GOAL OF THE EXERCISE:
Look for "daemonlib" in every line of the listing. Copy the lines that have it.

MATERIAL SHOWN:
= = = =

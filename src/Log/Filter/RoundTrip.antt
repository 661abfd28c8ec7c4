-- ===== src/Log/Filter/RoundTrip.antt =====
-- log.c: a debug filter that was written out is read back.
use daemonlib.Base.{
  ℕ, zero, suc, ◌+◌, ◌-◌, ◌*◌, ◌≤◌, ◌<◌, ◌≡◌, ◌≢◌, refl, sym, ap, ◌∙◌, ◌⊎◌, inl, inr, Bool, true,
  false, ◌&&◌, Option, none, some, List, [], ◌∷◌, ◌++◌, append-nil, append_assoc, map, length,
  length-append, ltb, leb, ◌==◌, if◌then◌else◌, arith,
}
use daemonlib.Log.Filter.{
  LogDebugFilter, max_debug_filters, max_source_name_size, scan_line, scan_name, groups_of,
  filter_of, skip_comma, parsed, parse_one, sign_of, parse_loop, DebugFilters, log_set_debug_filter,
}

-- What is written of a filter: the sign, the name, and the digits of the line.
pub record FilterText : Type 0 where
  pub included : Bool
  pub name : List ℕ
  pub digits : List ℕ

abbrev pub line_text : List ℕ → List ℕ
line_text [] = []
line_text (d ∷ ds) = 58 ∷ map (λ k. k + 48) (d ∷ ds)

abbrev pub print_one : FilterText → List ℕ
print_one t = (if t.included then 43 else 45) ∷ (t.name ++ line_text t.digits)

abbrev pub print : List FilterText → List ℕ
print [] = []
print (t ∷ []) = print_one t
print (t ∷ u ∷ ts) = print_one t ++ (44 ∷ print (u ∷ ts))

abbrev pub value : ℕ → List ℕ → ℕ
value line [] = line
value line (d ∷ ds) = value (line * 10 + d) ds

abbrev pub line_of : List ℕ → Option ℕ
line_of [] = none
line_of (d ∷ ds) = some (value 0 (d ∷ ds))

abbrev pub meaning : FilterText → LogDebugFilter
meaning t = filter_of t.included t.name (line_of t.digits) (groups_of t.name)

-- Digits behind a number that may be multiplied by ten.
abbrev pub AreDigits : ℕ → List ℕ → Type 0
AreDigits line [] = Unit {0}
AreDigits line (d ∷ ds) = (d < 10) × (line ≤ 100000) × AreDigits (line * 10 + d) ds

-- No comma and no colon.
abbrev pub IsName : List ℕ → Type 0
IsName [] = Unit {0}
IsName (c ∷ cs) = (c ≢ 44) × (c ≢ 58) × IsName cs

abbrev pub IsText : FilterText → Type 0
IsText t =
    IsName t.name
    × (0 < length t.name)
    × (length t.name ≤ max_source_name_size)
    × AreDigits 0 t.digits
    × ((t.digits ≡ []) ⊎ (0 < value 0 t.digits))

abbrev pub AreTexts : List FilterText → Type 0
AreTexts [] = Unit {0}
AreTexts (t ∷ ts) = IsText t × AreTexts ts

abbrev Stops : List ℕ → Type 0
Stops [] = Unit {0}
Stops (c ∷ cs) = c ≡ 44

scan_line_end : (line : ℕ) (rest : List ℕ) → Stops rest → scan_line line rest ≡ some (line, rest)
unfolding scan_line
scan_line_end line [] stop = refl
scan_line_end line (c ∷ cs) stop = ground (arith, stop)

scan_line-digits :
    (line : ℕ) (ds rest : List ℕ)
    → AreDigits line ds
    → Stops rest
    → scan_line line (map (λ k. k + 48) ds ++ rest) ≡ some (value line ds, rest)
unfolding scan_line
scan_line-digits line [] rest are stop = scan_line_end line rest stop
scan_line-digits line (d ∷ ds) rest (small, le, are) stop =
    let back : d + 48 - 48 ≡ d = omega arith in
    let a : (d + 48 == 44) ≡ false = ground arith in
    let b : (leb 48 (d + 48) && leb (d + 48) 57) ≡ true = ground (arith, small) in
    let c : ltb 100000 line ≡ false = ground (arith, le) in
    rw (scan_line, a, b, c, back) (scan_line-digits (line * 10 + d) ds rest are stop)

scan_name-name :
    (name cs tail : List ℕ)
    → IsName cs
    → length name + length cs ≤ max_source_name_size
    → scan_name name (cs ++ tail) ≡ scan_name (name ++ cs) tail
unfolding scan_name
scan_name-name name [] tail is le = rw (append-nil name) refl
scan_name-name name (c ∷ cs) tail (comma, colon, is) le =
    let a : (c == 44) ≡ false = ground (arith, comma) in
    let b : (c == 58) ≡ false = ground (arith, colon) in
    let d : leb max_source_name_size (length name) ≡ false = ground (arith, le) in
    rw (scan_name, a, b, d)
      (scan_name-name (name ++ (c ∷ [])) cs tail is (omega (arith, le, length-append name (c ∷ [])))
        ∙ ap (λ l. scan_name l tail) (append_assoc name (c ∷ []) cs))

scan_name-line :
    (name ds rest : List ℕ)
    → 0 < length name
    → AreDigits 0 ds
    → (ds ≡ []) ⊎ (0 < value 0 ds)
    → Stops rest
    → scan_name name (line_text ds ++ rest) ≡ some (name, line_of ds, rest)
unfolding scan_name
scan_name-line name [] [] given are ok stop = refl
scan_name-line name [] (c ∷ rest) given are ok stop = ground (arith, stop)
scan_name-line name (d ∷ ds) rest given are (inl empty) stop =
    absurd (omega (arith, ap length empty))
scan_name-line name (d ∷ ds) rest given are (inr positive) stop =
    let a : (length name == 0) ≡ false = ground (arith, given) in
    let b : (value 0 (d ∷ ds) == 0) ≡ false = ground (arith, positive) in
    rw (scan_name, a, scan_line-digits 0 (d ∷ ds) rest are stop, b) refl

parse_one-print :
    (t : FilterText) (rest rest' : List ℕ)
    → IsText t
    → Stops rest
    → skip_comma rest ≡ some rest'
    → parse_one t.included ((t.name ++ line_text t.digits) ++ rest) ≡ some (meaning t, rest')
parse_one-print t rest rest' (is, given, small, are, ok) stop skip =
    let a : (length t.name == 0) ≡ false = ground (arith, given) in
    let scanned : scan_name [] ((t.name ++ line_text t.digits) ++ rest)
        ≡ some (t.name, line_of t.digits, rest) =
      ap (scan_name []) (append_assoc t.name (line_text t.digits) rest)
      ∙ scan_name-name [] t.name (line_text t.digits ++ rest) is (omega (arith, small))
      ∙ scan_name-line t.name t.digits rest given are ok stop in
    ap (parsed t.included) scanned ∙ (rw (a, skip) refl)

sign_lem : (b : Bool) → sign_of (if b then 43 else 45) ≡ some b
sign_lem true = refl
sign_lem false = refl

parse_loop-step :
    (fuel : ℕ) (fs : List LogDebugFilter) (t : FilterText) (rest rest' : List ℕ)
    → IsText t
    → length fs < max_debug_filters
    → Stops rest
    → skip_comma rest ≡ some rest'
    → parse_loop (suc fuel) fs (print_one t ++ rest)
      ≡ parse_loop fuel (fs ++ (meaning t ∷ [])) rest'
unfolding parse_loop
parse_loop-step fuel fs t rest rest' is room stop skip =
    let a : leb max_debug_filters (length fs) ≡ false = ground (arith, room) in
    rw (parse_loop, a, sign_lem t.included, parse_one-print t rest rest' is stop skip) refl

skip_print :
    (t : FilterText) (ts : List FilterText)
    → skip_comma (44 ∷ print (t ∷ ts)) ≡ some (print (t ∷ ts))
skip_print t [] = refl
skip_print t (u ∷ ts) = refl

parse_loop_done : (fuel : ℕ) (fs : List LogDebugFilter) → parse_loop fuel fs [] ≡ some fs
unfolding parse_loop
parse_loop_done zero fs = refl
parse_loop_done (suc fuel) fs = refl

parse_loop-print :
    (ts : List FilterText) (fuel : ℕ) (fs : List LogDebugFilter)
    → AreTexts ts
    → length fs + length ts ≤ max_debug_filters
    → length ts ≤ fuel
    → parse_loop fuel fs (print ts) ≡ some (fs ++ map meaning ts)
parse_loop-print [] fuel fs are few enough = parse_loop_done fuel fs ∙ ap some (sym (append-nil fs))
parse_loop-print (t ∷ ts) zero fs are few enough = absurd (omega arith)
parse_loop-print (t ∷ []) (suc fuel) fs (is, are) few enough =
    ap (parse_loop (suc fuel) fs) (sym (append-nil (print_one t)))
    ∙ parse_loop-step fuel fs t [] [] is (omega (arith, few)) tt refl
    ∙ parse_loop_done fuel (fs ++ (meaning t ∷ []))
parse_loop-print (t ∷ u ∷ ts) (suc fuel) fs (is, are) few enough =
    parse_loop-step fuel fs t (44 ∷ print (u ∷ ts)) (print (u ∷ ts)) is (omega (arith, few)) refl
      (skip_print u ts)
    ∙ parse_loop-print (u ∷ ts) fuel (fs ++ (meaning t ∷ [])) are
        (omega (arith, few, length-append fs (meaning t ∷ []))) (omega (arith, enough))
    ∙ ap some (append_assoc fs (meaning t ∷ []) (map meaning (u ∷ ts)))

length-print : (ts : List FilterText) → length ts ≤ length (print ts)
length-print [] = omega arith
length-print (t ∷ []) = omega arith
length-print (t ∷ u ∷ ts) =
    omega (arith, length-print (u ∷ ts), length-append (print_one t) (44 ∷ print (u ∷ ts)))

-- At most 64 filters, written out with their signs, names and line numbers and separated by commas, are
-- all read back: the filters are set, and nothing is refused. Names have 1 to 64 characters and no comma
-- or colon, line numbers are not 0 and get a further digit only while they are at most 100000.
pub log_set_debug_filter-print :
    (ts : List FilterText) (d : DebugFilters)
    → AreTexts ts
    → length ts ≤ max_debug_filters
    → log_set_debug_filter (print ts) d
      ≡ (true, record { version = d.version + 1; filters = map meaning ts })
unfolding log_set_debug_filter
log_set_debug_filter-print ts d are few =
    rw (parse_loop-print ts (length (print ts)) [] are (omega (arith, few)) (length-print ts)) refl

= = = =

RESPONSE AREA:
use daemonlib.Base.{
use daemonlib.Log.Filter.{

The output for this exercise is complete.